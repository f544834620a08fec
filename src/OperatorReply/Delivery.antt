-- ===== src/OperatorReply/Delivery.antt =====
-- Persisting provider status callbacks, of whatsappOperatorReplyStatus.ts. The database client and the
-- digest are parameters; a store is threaded through its calls, and each call may also throw.
pub mod Batch
pub mod Uuid
mod Tests
use oasis_supabase_core.Prelude.{
  ℕ, zero, suc, ◌+◌, ◌%◌, ◌/◌, Bool, true, false, ◌&&◌, ◌||◌, not, Option, none, some, List, [],
  ◌∷◌, ◌++◌, map, Text, codes, text_eq, trim, to_lower, nonempty, keep_units, is_digit, take, drop,
  length, decimal, leb, ltb, ◌==◌, if◌then◌else◌,
}
use oasis_supabase_core.Prelude.Json.{Json, is_true, as_text, get}
use oasis_supabase_core.Prelude.Exec.{Result, ok, thrown, Exec, continue, ◌>>=◌, pure, throw}
use oasis_supabase_core.OperatorReply.Status.{
  BoundedProviderStatus, failed_final, status_text, normalize_operator_reply_provider_status,
}

-- An error code is kept as the text that `String` gives.
pub record ProviderStatusEvent : Type 0 where
  pub status : Text
  pub provider_message_id : Option Text
  pub provider_error_code : Option Text

pub record Evidence : Type 0 where
  pub provider_status : Text
  pub target_status : BoundedProviderStatus
  pub provider_error_code : Option Text

pub record PersistArgs : Type 0 where
  pub provider_message_id : Text
  pub status : BoundedProviderStatus
  pub evidence : Evidence

-- an `{ data, error }` answer, or a rejected promise
pub data Reply {ℓ} (A : Type ℓ) : Type ℓ where
  gives : A → Reply A
  fails : Text → Text → Reply A
  rejects : Text → Reply A

-- A row of `debug_webhooks` for a status that no outbox row has.
pub record UnmatchedRow : Type 0 where
  pub id : Text
  pub wamid : Text
  pub provider_status : Text
  pub target_status : BoundedProviderStatus

-- The calls of the database client that this code makes (an error has a code and a message), and
-- SHA-256 of the JSON of a list of texts.
pub record Admin {ℓ} (Db : Type ℓ) : Type ℓ where
  pub persist_rpc : PersistArgs → Db → Reply Json × Db
  pub insert_unmatched : UnmatchedRow → Db → Reply (Unit {0}) × Db
  pub digest : List Text → List ℕ

pub record PersistOutcome : Type 0 where
  pub matched : Bool
  pub updated : Bool
  pub status : Option Text

-- `value ?? ""`
unfoldable pub text_or_empty : Option Text → Text
text_or_empty none = []
text_or_empty (some s) = s

is_code_unit : ℕ → Bool
is_code_unit c =
    (leb b'a' c && leb c b'z')
    || (leb b'A' c && leb c b'Z')
    || is_digit c
    || c == b'_'
    || c == b'.'
    || c == b':'
    || c == b'-'

-- `String(code ?? "").replace(/[^a-zA-Z0-9_.:-]/g, "").slice(0, 64)`
unfoldable pub bounded_error : Option Text → Text
unfolding is_code_unit text_or_empty
bounded_error code = take 64 (keep_units is_code_unit (text_or_empty code))

abbrev some_nonempty : Bool → Text → Option Text
some_nonempty true [] = none
some_nonempty true (c ∷ s) = some (c ∷ s)
some_nonempty false s = none

abbrev is_failed_final : BoundedProviderStatus → Bool
is_failed_final failed_final = true
is_failed_final _ = false

unfoldable pub persist_args : ProviderStatusEvent → Text → BoundedProviderStatus → PersistArgs
unfolding bounded_error
persist_args event id target = record {
  provider_message_id = id;
  status = target;
  evidence = record {
    provider_status = to_lower (trim event.status);
    target_status = target;
    provider_error_code =
        some_nonempty (is_failed_final target) (bounded_error event.provider_error_code);
  };
}

-- what is read of the RPC's answer; null data reads as an empty object
unfoldable pub read_outcome : Json → PersistOutcome
unfolding get is_true as_text
read_outcome payload = record {
  matched = is_true (get (codes "matched") payload);
  updated = is_true (get (codes "updated") payload);
  status = as_text (get (codes "status") payload);
}

-- the bytes with the version and variant bits set
stamp_byte : ℕ → ℕ → ℕ
stamp_byte i b = if i == 6 then b % 16 + 128 else if i == 8 then b % 64 + 128 else b

stamp : ℕ → List ℕ → List ℕ
stamp i [] = []
stamp i (b ∷ bs) = stamp_byte i b ∷ stamp (suc i) bs

hex_digit : ℕ → ℕ
hex_digit d = if ltb d 10 then b'0' + d else 87 + d

hex : List ℕ → Text
hex [] = []
hex (b ∷ bs) = hex_digit (b / 16) ∷ hex_digit (b % 16) ∷ hex bs

-- the five groups of the hexadecimal text
dashed : Text → Text
dashed v =
    take 8 v
    ++ (b'-'
        ∷ (take 4 (drop 8 v)
            ++ (b'-'
                ∷ (take 4 (drop 12 v) ++ (b'-' ∷ (take 4 (drop 16 v) ++ (b'-' ∷ drop 20 v)))))))

unfoldable pub uuid_of_digest : List ℕ → Text
unfolding stamp stamp_byte hex_digit hex dashed
uuid_of_digest digest = dashed (hex (stamp 0 (take 16 digest)))

module _ {ℓ} {Db : Type ℓ} (admin : Admin Db) where
  open admin use {persist_rpc, insert_unmatched, digest}

  unfoldable pub unmatched_status_audit_uuid : Text → Text → Option Text → Text
  unfolding uuid_of_digest bounded_error
  unmatched_status_audit_uuid id status code = uuid_of_digest (
      digest (codes "oasis/wa450/unmatched-status/v1" ∷ trim id ∷ status ∷ bounded_error code ∷ []))

  persist_reply : Reply Json → Exec Db PersistOutcome
  unfolding read_outcome
  persist_reply (gives payload) = pure (read_outcome payload)
  persist_reply (fails code message) = throw (codes "WA_STATUS_RPC_FAILED:" ++ take 160 message)
  persist_reply (rejects e) = throw e

  -- the part after the status is recognised
  persist_recognised : ProviderStatusEvent → BoundedProviderStatus → Exec Db PersistOutcome
  unfolding persist_reply persist_args text_or_empty
  persist_recognised event target s =
      let id = trim (text_or_empty event.provider_message_id) in
      let answer = persist_rpc (persist_args event id target) s in
      if nonempty id
      then persist_reply answer.0 answer.1
      else throw (codes "WA_STATUS_PROVIDER_ID_MISSING") s

  unfoldable pub persist_operator_reply_provider_status :
      ProviderStatusEvent → Exec Db PersistOutcome
  unfolding persist_recognised
  persist_operator_reply_provider_status event s =
      elim (normalize_operator_reply_provider_status event.status) [
        | none ↦ pure (record { matched = false; updated = false; status = none }) s
        | some target ↦ persist_recognised event target s
      ]

  unfoldable pub unmatched_row : ProviderStatusEvent → Text → BoundedProviderStatus → UnmatchedRow
  unfolding unmatched_status_audit_uuid
  unmatched_row event id target = record {
    id = unmatched_status_audit_uuid id (status_text target) event.provider_error_code;
    wamid = id;
    provider_status = to_lower (trim event.status);
    target_status = target;
  }

  -- A duplicate key (23505) is no failure: the row is there.
  unfoldable pub quarantine_reply : Reply (Unit {0}) → Exec Db (Unit {0})
  quarantine_reply (gives _) s = pure tt s
  quarantine_reply (fails code message) s =
      if text_eq code (codes "23505")
      then pure tt s
      else throw (codes "WA_STATUS_QUARANTINE_FAILED:" ++ take 160 message) s
  quarantine_reply (rejects e) s = throw e s

  quarantine_recognised : ProviderStatusEvent → BoundedProviderStatus → Exec Db (Unit {0})
  unfolding quarantine_reply unmatched_row text_or_empty
  quarantine_recognised event target s =
      let id = trim (text_or_empty event.provider_message_id) in
      let answer = insert_unmatched (unmatched_row event id target) s in
      if nonempty id
      then quarantine_reply answer.0 answer.1
      else throw (codes "WA_STATUS_QUARANTINE_INVALID") s

  unfoldable pub quarantine_unmatched_operator_reply_status :
      ProviderStatusEvent → Exec Db (Unit {0})
  unfolding quarantine_recognised
  quarantine_unmatched_operator_reply_status event s =
      elim (normalize_operator_reply_provider_status event.status) [
        | none ↦ throw (codes "WA_STATUS_QUARANTINE_INVALID") s
        | some target ↦ quarantine_recognised event target s
      ]

-- The counters of a batch: `retryable_failures` counts what the `catch` swallows.
pub record Counters : Type 0 where
  pub updated : ℕ
  pub ignored : ℕ
  pub unmatched : ℕ
  pub quarantined : ℕ
  pub retryable_failures : ℕ

pub record ProviderStatusBatchResult : Type 0 where
  pub count : ℕ
  pub updated : ℕ
  pub ignored : ℕ
  pub unmatched : ℕ
  pub quarantined : ℕ

abbrev pub no_events : Counters
no_events = record {
  updated = 0;
  ignored = 0;
  unmatched = 0;
  quarantined = 0;
  retryable_failures = 0;
}

unfoldable pub count_failure : Counters → Counters
count_failure c = record c { retryable_failures = c.retryable_failures + 1 }

-- after the quarantine of an unmatched event, which is counted before it
unfoldable pub count_quarantine : Counters → Result (Unit {0}) → Counters
unfolding count_failure
count_quarantine c (ok _) = record c { quarantined = c.quarantined + 1 }
count_quarantine c (thrown _) = count_failure c

module _ {ℓ} {Db : Type ℓ} (admin : Admin Db) where
  unfoldable pub handle_outcome :
      ProviderStatusEvent → Counters → Result PersistOutcome → Db → Counters × Db
  unfolding count_quarantine count_failure
  handle_outcome event c (thrown _) s = (count_failure c, s)
  handle_outcome event c (ok outcome) s =
      if not outcome.matched
      then (let done = quarantine_unmatched_operator_reply_status admin event s in
          (count_quarantine (record c { unmatched = c.unmatched + 1 }) done.0, done.1))
      else if outcome.updated
      then (record c { updated = c.updated + 1 }, s)
      else (c, s)

  -- the body of the loop
  unfoldable pub handle_event : ProviderStatusEvent → Counters → Db → Counters × Db
  unfolding handle_outcome
  handle_event event c s = elim (normalize_operator_reply_provider_status event.status) [
    | none ↦ (record c { ignored = c.ignored + 1 }, s)
    | some _ ↦
        (let answer = persist_operator_reply_provider_status admin event s in
          handle_outcome event c answer.0 answer.1)
  ]

  unfoldable pub handle_events : List ProviderStatusEvent → Counters → Db → Counters × Db
  handle_events [] c s = (c, s)
  handle_events (event ∷ events) c s =
      let next = handle_event event c s in handle_events events next.0 next.1

  unfoldable pub persist_operator_reply_provider_status_batch :
      List ProviderStatusEvent → Exec Db ProviderStatusBatchResult
  persist_operator_reply_provider_status_batch events s =
      let done = handle_events events no_events s in
      if ltb 0 done.0.retryable_failures
      then throw (codes "WA_STATUS_BATCH_RETRYABLE_FAILURES:" ++ decimal done.0.retryable_failures)
          done.1
      else pure
          (record {
            count = length events;
            updated = done.0.updated;
            ignored = done.0.ignored;
            unmatched = done.0.unmatched;
            quarantined = done.0.quarantined;
          })
          done.1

◇ ◇ ◇ ◇

__Prompt__. Select every line of the material above holding the word "Prelude" and copy it.

__Reply__.
use oasis_supabase_core.Prelude.{
use oasis_supabase_core.Prelude.Json.{Json, is_true, as_text, get}
use oasis_supabase_core.Prelude.Exec.{Result, ok, thrown, Exec, continue, ◌>>=◌, pure, throw}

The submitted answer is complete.